Efficient utilization of material handling equipment (MHE) significantly impacts the productivity, profitability and flexibility of production systems. For instance, machine performance could be impacted when a forklift driver is unavailable, or unit loads in the unloading station are still waiting to be transported to the next production phase. In modern production systems, cloud technologies are considered cutting-edge, with cloud manufacturing impacting the management of production through the ability to share real-time information about product status and all production services. While cloud technologies have been widely analyzed and discussed on a shop-floor level connecting machines, material handling systems have not received as much attention.
The typical structure of material handling systems is a combination of different equipment with varying levels of automation, including manual and mechanized systems where humans still play a critical decision-making role.

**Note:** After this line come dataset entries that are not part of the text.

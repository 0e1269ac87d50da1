-- ===== src/Modem/SoftHdlc/Feed.antt =====
-- `feed_soft_bit`, `process_bit` and `handle_flag` of core/src/modem/soft_hdlc.rs.
use packet_radio_rs.Base.{
  ℕ, ◌+◌, ◌-◌, ◌^◌, min, Bool, true, false, ◌&&◌, Option, none, some, List, [], ◌∷◌, bit_or, ltb,
  leb, ◌==◌, if◌then◌else◌, set, take, ℤ, pos, negsuc,
}
use packet_radio_rs.Ax25.Crc.{crc16_ccitt}
use packet_radio_rs.Modem.SoftHdlc.Defs.{
  SoftHdlcDecoder, FrameResult, valid, recovered, HdlcState, hunting, receiving, count_up,
  max_frame_bits, max_frame_bytes, crc_residue,
}
use packet_radio_rs.Modem.SoftHdlc.Recovery.{try_bit_flip_recovery_info}

unfoldable pub check_frame_crc : SoftHdlcDecoder → ℕ → Bool
check_frame_crc d data_len =
    if ltb d.frame_len (data_len + 2)
    then false
    else crc16_ccitt (take d.frame_len d.frame_buf) == crc_residue

abbrev pub is_receiving : HdlcState → Bool
is_receiving hunting = false
is_receiving receiving = true

-- `frame_result_info`: length, whether it is recovered, flips and cost.
unfoldable pub frame_result_info : SoftHdlcDecoder → Option (ℕ × Bool × ℕ × ℕ) × SoftHdlcDecoder
frame_result_info d =
    let data_len = d.frame_len - 2 in
    let (info, after) = try_bit_flip_recovery_info d in
    if is_receiving d.state && leb 17 d.frame_len
    then (if check_frame_crc d data_len
        then (
          some (data_len, false, 0, 0),
          record d { stats = record d.stats { hard_decode = count_up d.stats.hard_decode } },
        )
        else elim info [
          | none ↦ (none, after)
          | some (len, flips, cost) ↦ (some (len, true, flips, cost), after)
        ])
    else (none, d)

-- `// Reset state for next frame`. `bit_count` is left as it is.
unfoldable pub next_frame : SoftHdlcDecoder → SoftHdlcDecoder
next_frame d = record d {
  state = receiving;
  frame_len = 0;
  current_byte = 0;
  byte_bit_count = 0;
  ones_count = 0;
}

-- The result that `handle_flag` returns.
abbrev pub result_of : Option (ℕ × Bool × ℕ × ℕ) → List ℕ → Option FrameResult
result_of none buf = none
result_of (some (len, false, flips, cost)) buf = some (valid (take len buf))
result_of (some (len, true, flips, cost)) buf = some (recovered (take len buf) flips cost)

unfoldable pub handle_flag : SoftHdlcDecoder → Option FrameResult × SoftHdlcDecoder
handle_flag d =
    let (info, after) = frame_result_info d in (result_of info after.frame_buf, next_frame after)

-- `// Accumulate data bit (LSB first)`
unfoldable pub accumulate : SoftHdlcDecoder → Bool → SoftHdlcDecoder
accumulate d bit =
    let byte = if bit then bit_or d.current_byte (2 ^ d.byte_bit_count) else d.current_byte in
    let room = ltb d.frame_len max_frame_bytes in
    if d.byte_bit_count + 1 == 8
    then record d {
      frame_buf = if room then set d.frame_buf d.frame_len byte else d.frame_buf;
      frame_len = if room then d.frame_len + 1 else d.frame_len;
      current_byte = 0;
      byte_bit_count = 0;
    }
    else record d { current_byte = byte; byte_bit_count = d.byte_bit_count + 1 }

-- The match on the state.
unfoldable pub take_bit : SoftHdlcDecoder → Bool → Option FrameResult × SoftHdlcDecoder
take_bit d bit = (none, if is_receiving d.state then accumulate d bit else d)

-- A zero that ends no flag.
unfoldable pub take_zero : SoftHdlcDecoder → Option FrameResult × SoftHdlcDecoder
take_zero d =
    let aborted = if leb 7 d.ones_count then record d { state = hunting; bit_count = 0 } else d in
    if d.ones_count == 5 && is_receiving aborted.state
    then (none, record aborted { ones_count = 0 })
    else take_bit (record aborted { ones_count = 0 }) false

unfoldable pub process_bit : SoftHdlcDecoder → Bool → Option FrameResult × SoftHdlcDecoder
process_bit d true = take_bit (record d { ones_count = min (d.ones_count + 1) 255 }) true
process_bit d false = if d.ones_count == 6 then handle_flag d else take_zero d

-- `llr >= 0`
abbrev pub hard_bit : ℤ → Bool
hard_bit (pos n) = true
hard_bit (negsuc n) = false

-- `// Store soft and hard values`
unfoldable pub store_bit : SoftHdlcDecoder → ℤ → SoftHdlcDecoder
store_bit d llr =
    if ltb d.bit_count max_frame_bits
    then record d {
      soft_bits = set d.soft_bits d.bit_count llr;
      hard_bits = set d.hard_bits d.bit_count (if hard_bit llr then 1 else 0);
      bit_count = d.bit_count + 1;
    }
    else d

unfoldable pub feed_soft_bit : SoftHdlcDecoder → ℤ → Option FrameResult × SoftHdlcDecoder
feed_soft_bit d llr = process_bit (store_bit d llr) (hard_bit llr)

unfoldable pub feed_hard_bit : SoftHdlcDecoder → Bool → Option FrameResult × SoftHdlcDecoder
feed_hard_bit d bit = feed_soft_bit d (if bit then pos 64 else negsuc 63)

-- A stream of soft bits.
unfoldable pub run : SoftHdlcDecoder → List ℤ → SoftHdlcDecoder
run d [] = d
run d (llr ∷ llrs) = run (feed_soft_bit d llr).1 llrs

Automated solutions like Automated Guided Vehicles (AGVs) or Autonomous Mobile Robots (AMRs) for material transportation and various evolutions of Automated Storage and Retrieval Systems (AS/RS) for material storage have been introduced in recent years, but these systems are characterized by central control architecture. Therefore, a multilevel hierarchical control system is required to coordinate the different subsystems and enable products to move efficiently within the production systems.
Recently, the availability of Industry 4.0 technologies such as indoor positioning technologies, Internet of Things, motion tracking and control and cloud computing make MHE a viable solution to increase productivity, profitability and flexibility of production systems.
In 2020, to extend the definition of cloud manufacturing to cover handling activities, researchers in the Logistics 4.0 Laboratory at the Norwegian University of Science and Technology have introduced and developed a new kind of paradigm called the Cloud Material Handling System (CMHS). (Figure 1)
The concept can be compared to transportation service providers and platforms like Uber, Lyft and others. In this case, the unit loads or Smart Objects (SOs) requiring a specific service from the system are the “consumers,” while the MHE with different capabilities are the “cars” and “drivers,” called Material Handling Modules (MHMs). The Intelligent Cognitive Engine (ICE) is the core of the CMHS platform, which dynamically schedules and assigns handling requests to the available MHE resources using Artificial Intelligence (AI).
The implementation of indoor positioning technologies and sharing of the attributes/functions and positions of SOs and MHMs enable new decision-making processes for scheduling and control of all components in the system. The CMHS has the potential to reduce the complexity of a multilevel hierarchical control system and increase the overall productivity, profitability and flexibility of the production system. The CMHS has been primarily developed for applications within a factory and production system or warehouse/distribution centers but can also be extended to a multi-factory environment where logistics activities also involve external transportations.
The CMHS bridges the gap between conventional material handling systems and fully automated ones, providing automation capabilities for all MHMs, including human-operated ones. Manual solutions often rely on conventional dispatching methods with low flexibility, but the CMHS enables increased freedom of movement for all MHMs, regardless of layout configuration and type of material flows.